• **Your assignment**
The listing below holds a line with "delivered [] = []" and a line with "handle_all_lem msgs n (l ++ msg ∷ [])". Reproduce those two lines exactly, plus everything between them.

------------------------------------

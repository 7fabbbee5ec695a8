-- ===== src/TailSampler/Tests.antt =====
-- Runs of the tail sampler on concrete traces and configurations.
mod Policies
use k_o11y_otel_gateway.Prelude.{
  ℕ, suc, ◌≤◌, Bool, true, false, none, some, List, [], ◌∷◌, ◌++◌, ◌≡◌, refl, ap, ◌*◌, ◌==◌, inl,
  arith, length,
}
use k_o11y_otel_gateway.Prelude.Int.{pos}
use k_o11y_otel_gateway.Prelude.Results.{ok}
use k_o11y_otel_gateway.Sampling.Trace.{
  str, StatusCode, Span, ResourceSpans, Decision, TraceData, PolicyEvaluator, unspecified, pending,
  sampled, no_result,
}
use k_o11y_otel_gateway.Sampling.Simple.{SpanCount, span_count_evaluate}
use k_o11y_otel_gateway.Sampling.Attribute.{LruCache, exact}
use k_o11y_otel_gateway.Sampling.Hash.{Percentages}
use k_o11y_otel_gateway.TailSampler.Config.{Config, BasePolicy, validate, without_priority}
use k_o11y_otel_gateway.TailSampler.Evaluator.{
  DefaultEvaluator, Filter, string_filter, Sampler, always, never, sampler_policy, no_policy,
  filter_policy, RootEvaluator, default_evaluate,
}
use k_o11y_otel_gateway.TailSampler.Evaluator.Laws.{default_evaluate-promised, promised}
use k_o11y_otel_gateway.TailSampler.Evaluator.Inverted.{
  drop_inverted, default_evaluate-drop_inverted, default_evaluate_all_inverted,
}
use k_o11y_otel_gateway.TailSampler.Batcher.{Batcher, Batch}
use k_o11y_otel_gateway.TailSampler.Batcher
use k_o11y_otel_gateway.TailSampler.Batcher.Order
use k_o11y_otel_gateway.TailSampler.Batcher.Delay.{closes, closes-current}
use k_o11y_otel_gateway.TailSampler.Table.{load, modify}
use k_o11y_otel_gateway.TailSampler.Decide.{
  Policy, PolicyMetrics, Decided, no_metrics, make_decision,
}
use k_o11y_otel_gateway.TailSampler.Decide.Laws.{
  Leaves, IsCounted, make_decision_total, first_decisive, make_decision-first_decisive,
}
use k_o11y_otel_gateway.TailSampler.State.{Processor}
use k_o11y_otel_gateway.TailSampler.Intake.{process_group, consume_traces}
use k_o11y_otel_gateway.TailSampler.Group.{group_spans_by_trace_key}
use k_o11y_otel_gateway.TailSampler.Group.Laws.{
  groups_of, spans_of, joined, at_most_one, group_spans_by_trace_key-spans_of,
}
use k_o11y_otel_gateway.TailSampler.Tick.{tick_id, sampling_policy_on_tick}
use k_o11y_otel_gateway.TailSampler.Tick.Laws.{
  IsDecided, tick_id-IsDecided, sampling_policy_on_tick-IsBounded,
}
use k_o11y_otel_gateway.TailSampler.Bounds.{IsBounded, HasRoom, SameSetup}
use k_o11y_otel_gateway.TailSampler.Bounds.Intake.{Keeps, consume_traces-IsBounded}
use k_o11y_otel_gateway.TailSampler.Build.{new_traces_processor}
use k_o11y_otel_gateway.TailSampler.Life.{
  Event, consume, tick, receive, IsLive, run-IsLive, new_traces_processor-no_policies,
}
use k_o11y_otel_gateway.TailSampler.Life

-- Two ids are added, received and closed, and one waits.
abbrev ops : List Order.Op
ops =
    Order.add 1
    ∷ Order.add 2
    ∷ Order.receive
    ∷ Order.receive
    ∷ Order.add 3
    ∷ Order.close
    ∷ Order.close
    ∷ []

abbrev running : Batcher
running = record {
  pending_ids = [];
  channel_size = 2;
  batches = [] ∷ [];
  current_batch = [];
  stopped = false;
}

abbrev waiting : Batcher
waiting = record running { pending_ids = 3 ∷ [] }

ran : Order.run ops running ≡ some (1 ∷ 2 ∷ [], waiting)
unfolding Order.run Batcher.add_to_current_batch Batcher.fill
    Batcher.close_current_and_take_first_batch
ran = refl

run-held_example : Order.held running ++ Order.added ops ≡ (1 ∷ 2 ∷ []) ++ Order.held waiting
run-held_example = Order.run-held ops running (1 ∷ 2 ∷ []) waiting ran

closes-current_example :
    (b' : Batcher) × (closes (suc (length running.batches)) running
      ≡ some (running.batches ++ running.current_batch ∷ [], b'))
closes-current_example = closes-current running refl (omega arith)

instance abbrev pub by_size : PolicyEvaluator SpanCount
by_size = record { evaluate = λ now id t c. (span_count_evaluate t c, c) }

abbrev at_least : ℕ → Policy SpanCount
at_least n = record { name = "size"; evaluator = record { min_spans = pos n } }

abbrev policies : List (Policy SpanCount)
policies = at_least 9 ∷ at_least 1 ∷ []

abbrev span : ℕ → Span
span id = record {
  trace_id = id;
  trace_state = "";
  start_timestamp = 5;
  end_timestamp = 6;
  attributes = ("peer", str "db") ∷ [];
  status = StatusCode.error;
}

abbrev batch : List Span → ResourceSpans
batch spans = record { resource = ("service", str "cart") ∷ []; scope_spans = spans ∷ [] }

abbrev pub trace : TraceData
trace = record {
  decisions = pending ∷ pending ∷ [];
  arrival_time = 4;
  decision_time = 0;
  span_count = pos 1;
  received_batches = batch (span 7 ∷ []) ∷ [];
  final_decision = unspecified;
}

abbrev five_seconds : ℕ
five_seconds = 5_000_000_000

make_decision_total_example :
    (d : Decided SpanCount) × (make_decision five_seconds 7 trace no_metrics policies ≡ some d)
    × Leaves trace policies d
    × IsCounted no_metrics d
make_decision_total_example =
    make_decision_total five_seconds 7 trace no_metrics policies (omega arith)

abbrev judge : SpanCount → Decision
judge c = (span_count_evaluate trace c).0

judges :
    (ds : List Decision) (e : SpanCount)
    → (by_size.evaluate (pos 5) 7 (record trace { decisions = ds }) e).0.0 ≡ judge e
unfolding span_count_evaluate
judges ds e = refl

make_decision-first_decisive_example :
    (d : Decided SpanCount) × (make_decision five_seconds 7 trace no_metrics policies ≡ some d)
    × ((d.final_decision, d.matching_policy)
        ≡ first_decisive five_seconds 7 trace judge judges policies)
make_decision-first_decisive_example =
    make_decision-first_decisive five_seconds 7 trace judge judges no_metrics policies (omega arith)

abbrev processor : Processor SpanCount
processor = record {
  max_num_traces = 1;
  policies = policies;
  id_to_trace = (7, trace) ∷ [];
  decision_batcher = record running { current_batch = 7 ∷ []; batches = (7 ∷ []) ∷ [] };
  delete_chan = 7 ∷ [];
  num_traces_on_map = 1;
  forwarded = [];
}

processor-IsBounded : IsBounded processor
processor-IsBounded = record {
  tracked = refl;
  counted = refl;
  bounded = omega arith;
  judged = (refl, tt);
  running = refl;
}

processor-HasRoom : HasRoom processor
processor-HasRoom = (omega arith, omega arith)

found : load 7 processor.id_to_trace ≡ some trace
unfolding load
found = refl

tick_id-IsDecided_example :
    (m' : PolicyMetrics) × (tsp' : Processor SpanCount) × (after : TraceData) × (tick_id
        five_seconds 7 no_metrics processor
      ≡ some (m', tsp'))
    × IsDecided five_seconds processor tsp' trace after
    × (tsp'.id_to_trace ≡ modify 7 after processor.id_to_trace)
tick_id-IsDecided_example = tick_id-IsDecided five_seconds 7 no_metrics processor trace found refl

abbrev two_scopes : ResourceSpans
two_scopes = record (batch []) { scope_spans = (span 7 ∷ span 8 ∷ []) ∷ (span 7 ∷ []) ∷ [] }

group_spans_by_trace_key-spans_of_example :
    groups_of 7 (group_spans_by_trace_key two_scopes)
    ≡ at_most_one (spans_of 7 (joined two_scopes.scope_spans))
group_spans_by_trace_key-spans_of_example = group_spans_by_trace_key-spans_of 7 two_scopes

-- A second trace takes the place of the first.
consume_traces-IsBounded_example :
    Keeps processor
      (consume_traces (λ groups. groups) five_seconds (batch (span 8 ∷ span 7 ∷ []) ∷ []) processor)
consume_traces-IsBounded_example =
    consume_traces-IsBounded (λ groups. groups) five_seconds (batch (span 8 ∷ span 7 ∷ []) ∷ [])
      processor processor-HasRoom processor-IsBounded

abbrev events : List Event
events =
    tick five_seconds
    ∷ consume 6_000_000_000 (λ groups. groups) (batch (span 7 ∷ span 8 ∷ []) ∷ [])
    ∷ receive
    ∷ tick 7_000_000_000
    ∷ []

run-IsLive_example :
    (tsp' : Processor SpanCount) × (Life.run events processor ≡ some tsp')
    × IsLive tsp'
    × (length tsp'.id_to_trace ≤ 1)
    × (tsp'.num_traces_on_map ≡ length tsp'.id_to_trace)
run-IsLive_example =
    run-IsLive events processor
      (record { bounded = processor-IsBounded; room = processor-HasRoom; pipe = omega arith })

-- A cache that keeps nothing, and percentages in whole numbers.
abbrev pub no_cache : LruCache
no_cache = record {
  Cache = Unit {0};
  new = λ size. tt;
  lru_get = λ s c. (none, c);
  lru_add = λ s b c. c;
}

abbrev whole : Percentages
whole = record {
  Percentage = ℕ;
  is_zero = λ p. p == 0;
  is_hundred = λ p. p == 100;
  calculate_threshold = λ p. p * 184_467_440_737_095_516;
}

abbrev base : BasePolicy ℕ
base = record {
  name = "errors";
  policy_type = "policy_group";
  priority = pos 1;
  hash_salt = "";
  sampling_percentage = 50;
  policy_filter = record {
    filter_op = "and";
    string_attribute_cfgs = [];
    numeric_attribute_cfgs = [];
  };
}

abbrev config : Config ℕ
config = record {
  decision_wait = 2_000_000_000;
  num_traces = 100;
  expected_new_traces_per_sec = 10;
  policy_cfgs = record { base_policy = base; sub_policies = [] } ∷ [];
  version = pos 2;
}

config-valid : validate config ≡ []
unfolding validate without_priority
config-valid = refl

new_traces_processor-no_policies_example :
    (tsp : Processor (RootEvaluator no_cache)) × (new_traces_processor no_cache
        (λ _. none)
        whole
        (λ _. none)
        4
        config
      ≡ some (ok tsp))
    × (tsp.policies ≡ [])
    × IsLive tsp
new_traces_processor-no_policies_example =
    new_traces_processor-no_policies no_cache (λ _. none) whole (λ _. none) 4 config config-valid
      (omega arith) (omega arith) (omega arith) (omega arith)
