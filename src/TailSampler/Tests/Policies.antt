-- ===== src/TailSampler/Tests/Policies.antt =====
-- Runs of a policy's evaluator on a concrete trace.
use k_o11y_otel_gateway.Prelude.{Bool, true, false, none, List, [], ◌∷◌, ◌≡◌, refl, ap, inl}
use k_o11y_otel_gateway.Prelude.Int.{pos}
use k_o11y_otel_gateway.Sampling.Trace.{sampled}
use k_o11y_otel_gateway.Sampling.Simple.{SpanCount, span_count_evaluate}
use k_o11y_otel_gateway.Sampling.Attribute.{exact}
use k_o11y_otel_gateway.TailSampler.Evaluator.{
  DefaultEvaluator, Filter, string_filter, Sampler, always, never, sampler_policy, no_policy,
  filter_policy, default_evaluate,
}
use k_o11y_otel_gateway.TailSampler.Evaluator.Laws.{default_evaluate-promised, promised}
use k_o11y_otel_gateway.TailSampler.Evaluator.Inverted.{
  drop_inverted, default_evaluate-drop_inverted,
}
use k_o11y_otel_gateway.TailSampler.Tests.{trace, by_size, no_cache}

-- A filter on the service, as it is and inverted.
abbrev service : Bool → Filter (Unit {0})
service inverted =
    string_filter
      (record { key = "service"; matcher = exact ("cart" ∷ []); invert_match = inverted })

abbrev evaluator_of : List (Filter (Unit {0})) → DefaultEvaluator (Filter (Unit {0})) Sampler ⊥
evaluator_of filters = record {
  name = "carts";
  sampler = always;
  sampling_method = "include_all";
  filter_operator = "AND";
  filters = filters;
  sub_evaluators = [];
}

default_evaluate-drop_inverted_example :
    (default_evaluate ⦃pf = filter_policy no_cache⦄
      (pos 5)
      7
      trace
      (evaluator_of (service true ∷ service false ∷ []))).0
    ≡ (default_evaluate ⦃pf = filter_policy no_cache⦄
        (pos 5)
        7
        trace
        (evaluator_of (drop_inverted no_cache (service true ∷ service false ∷ [])))).0
default_evaluate-drop_inverted_example =
    default_evaluate-drop_inverted no_cache (pos 5) 7 trace
      (evaluator_of (service true ∷ service false ∷ []))

nothing_left : drop_inverted no_cache (service true ∷ []) ≡ []
unfolding drop_inverted
nothing_left = refl

abbrev sized : DefaultEvaluator SpanCount Sampler ⊥
sized = record {
  name = "sized";
  sampler = never;
  sampling_method = "exclude_all";
  filter_operator = "and";
  filters = record { min_spans = pos 1 } ∷ record { min_spans = pos 0 } ∷ [];
  sub_evaluators = [];
}

big_enough : span_count_evaluate trace (record { min_spans = pos 1 }) ≡ (sampled, none)
unfolding span_count_evaluate
big_enough = refl

any_size : span_count_evaluate trace (record { min_spans = pos 0 }) ≡ (sampled, none)
unfolding span_count_evaluate
any_size = refl

default_evaluate-promised_example :
    (default_evaluate (pos 5) 7 trace sized).0 ≡ promised (pos 5) 7 trace sized
default_evaluate-promised_example = default_evaluate-promised (pos 5) 7 trace sized (
  (ap (λ v. v.1) big_enough, inl (ap (λ v. v.0) big_enough)),
  ((ap (λ v. v.1) any_size, inl (ap (λ v. v.0) any_size)), tt),
)
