-- ===== src/Utils.antt =====
-- utils: fake ids, and the publisher, the consumer and the queues on the message broker.
pub mod FakeId
pub mod Receive
pub mod Consumer
pub mod Queue
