-- ===== src/Utils/Consumer.antt =====
-- utils/consumer.go: the connection attempts of a consumer and its loop. The broker is the outcome
-- of each call. `closed` counts the calls of Close on connections that are open.
pub mod Connections
mod Examples
use zhiya.Prelude.{ℕ, zero, suc, ◌+◌, ◌-◌, Bool, true, false, List, [], ◌∷◌, ◌++◌, if◌then◌else◌}

-- How far an attempt comes. Dial may fail with a connection to close or without one, and the last
-- case has the deliveries until the connection ends.
pub data Attempt (Msg : Type 0) : Type 0 where
  dial_fails : Bool → Attempt Msg
  channel_fails : Attempt Msg
  qos_fails : Attempt Msg
  consume_fails : Attempt Msg
  consumes : List Msg → Attempt Msg

-- The connections that are open, and the messages that `handle` was started for.
pub record Broker (Msg : Type 0) : Type 0 where
  pub open_connections : ℕ
  pub handled : List Msg

pub data Linked (Msg : Type 0) : Type 0 where
  error : Linked Msg
  deliveries : List Msg → Linked Msg

module _ {Msg : Type 0} where
  unfoldable pub dial : Broker Msg → Broker Msg
  dial s = record s { open_connections = s.open_connections + 1 }

  unfoldable pub close : Broker Msg → Broker Msg
  close s = record s { open_connections = s.open_connections - 1 }

  unfoldable pub link : Attempt Msg → Broker Msg → Broker Msg × Linked Msg
  link (dial_fails open') s = ((if open' then close (dial s) else s), error)
  link channel_fails s = (close (dial s), error)
  link qos_fails s = (close (dial s), error)
  link consume_fails s = (close (dial s), error)
  link (consumes msgs) s = (dial s, deliveries msgs)

  -- `for msg := range deliveries { go handle(msg) }`.
  unfoldable pub handle_all : List Msg → Broker Msg → Broker Msg
  handle_all [] s = s
  handle_all (msg ∷ msgs) s = handle_all msgs (record s { handled = s.handled ++ msg ∷ [] })

  -- The rest of a round after `link`.
  unfoldable pub consume_round : Broker Msg × Linked Msg → Broker Msg
  consume_round (s, error) = s
  consume_round (s, deliveries msgs) = close (handle_all msgs s)

  -- The rounds of Consumer's endless loop.
  unfoldable pub consumer : List (Attempt Msg) → Broker Msg → Broker Msg
  consumer [] s = s
  consumer (a ∷ rounds) s = consumer rounds (consume_round (link a s))
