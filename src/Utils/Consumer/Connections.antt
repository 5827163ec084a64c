-- ===== src/Utils/Consumer/Connections.antt =====
-- utils/consumer.go: what the rounds of the consumer leave open, and what they handle.
use mathlib.Core.List.{append_assoc, append-nil}
use zhiya.Prelude.{ℕ, ◌+◌, ◌≡◌, refl, ap, ap₂, sym, ◌∙◌, true, false, List, [], ◌∷◌, ◌++◌, arith}
use zhiya.Utils.Consumer.{
  Attempt, Broker, dial_fails, channel_fails, qos_fails, consume_fails, consumes, dial, close, link,
  handle_all, consume_round, consumer,
}

-- The messages of the attempts that come through.
unfoldable pub received : {Msg : Type 0} → Attempt Msg → List Msg
received (consumes msgs) = msgs
received other = []

unfoldable pub delivered : {Msg : Type 0} → List (Attempt Msg) → List Msg
delivered [] = []
delivered (a ∷ rounds) = received a ++ delivered rounds

module _ {Msg : Type 0} where
  handle_all_lem :
      (msgs : List Msg) (n : ℕ) (l : List Msg)
      → handle_all msgs (record { open_connections = n; handled = l })
        ≡ record { open_connections = n; handled = l ++ msgs }
  unfolding handle_all
  handle_all_lem [] n l =
      ap (λ m. record { open_connections = n; handled = m }) (sym (append-nil l))
  handle_all_lem (msg ∷ msgs) n l =
      handle_all_lem msgs n (l ++ msg ∷ [])
      ∙ ap (λ m. record { open_connections = n; handled = m }) (append_assoc l (msg ∷ []) msgs)

  same_broker :
      (n k : ℕ) (l m : List Msg)
      → n ≡ k
      → l ≡ m
      → ◌≡◌ {A = Broker Msg}
          (record { open_connections = n; handled = l })
          (record { open_connections = k; handled = m })
  same_broker n k l m e h = ap₂ (λ i j. record { open_connections = i; handled = j }) e h

  consume_round_lem :
      (a : Attempt Msg) (n : ℕ) (l : List Msg)
      → consume_round (link a (record { open_connections = n; handled = l }))
        ≡ record { open_connections = n; handled = l ++ received a }
  unfolding consume_round link dial close received
  consume_round_lem (dial_fails true) n l = same_broker _ n l _ (omega arith) (sym (append-nil l))
  consume_round_lem (dial_fails false) n l = same_broker n n l _ refl (sym (append-nil l))
  consume_round_lem channel_fails n l = same_broker _ n l _ (omega arith) (sym (append-nil l))
  consume_round_lem qos_fails n l = same_broker _ n l _ (omega arith) (sym (append-nil l))
  consume_round_lem consume_fails n l = same_broker _ n l _ (omega arith) (sym (append-nil l))
  consume_round_lem (consumes msgs) n l =
      ap close (handle_all_lem msgs (n + 1) l)
      ∙ same_broker _ n (l ++ msgs) (l ++ msgs) (omega arith) refl

  -- However the attempts of the consumer end, its loop leaves no connection open behind a round,
  -- and starts the handler once for each message of the attempts that came through, in the order
  -- of the deliveries, for no other message, and drops none.
  pub consumer_lem :
      (rounds : List (Attempt Msg)) (n : ℕ) (l : List Msg)
      → consumer rounds (record { open_connections = n; handled = l })
        ≡ record { open_connections = n; handled = l ++ delivered rounds }
  unfolding consumer delivered
  consumer_lem [] n l = same_broker n n l _ refl (sym (append-nil l))
  consumer_lem (a ∷ rounds) n l =
      ap (consumer rounds) (consume_round_lem a n l)
      ∙ consumer_lem rounds n (l ++ received a)
      ∙ same_broker n n _ _ refl (append_assoc l (received a) (delivered rounds))
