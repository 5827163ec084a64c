-- ===== src/Utils/Consumer/Examples.antt =====
-- utils/consumer.go: the theorem at concrete rounds.
use zhiya.Prelude.{ℕ, ◌≡◌, true, List, [], ◌∷◌}
use zhiya.Utils.Consumer.{Attempt, dial_fails, qos_fails, consumes, consumer}
use zhiya.Utils.Consumer.Connections.{received, delivered, consumer_lem}

abbrev rounds : List (Attempt ℕ)
rounds = dial_fails true ∷ consumes (1 ∷ 2 ∷ []) ∷ qos_fails ∷ consumes (3 ∷ []) ∷ []

consumer_lem_example :
    consumer rounds (record { open_connections = 0; handled = [] })
    ≡ record { open_connections = 0; handled = 1 ∷ 2 ∷ 3 ∷ [] }
unfolding delivered received
consumer_lem_example = consumer_lem rounds 0 []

------------------------------------

• **Response**
delivered [] = []
delivered (a ∷ rounds) = received a ++ delivered rounds

module _ {Msg : Type 0} where
  handle_all_lem :
      (msgs : List Msg) (n : ℕ) (l : List Msg)
      → handle_all msgs (record { open_connections = n; handled = l })
        ≡ record { open_connections = n; handled = l ++ msgs }
  unfolding handle_all
  handle_all_lem [] n l =
      ap (λ m. record { open_connections = n; handled = m }) (sym (append-nil l))
  handle_all_lem (msg ∷ msgs) n l =
      handle_all_lem msgs n (l ++ msg ∷ [])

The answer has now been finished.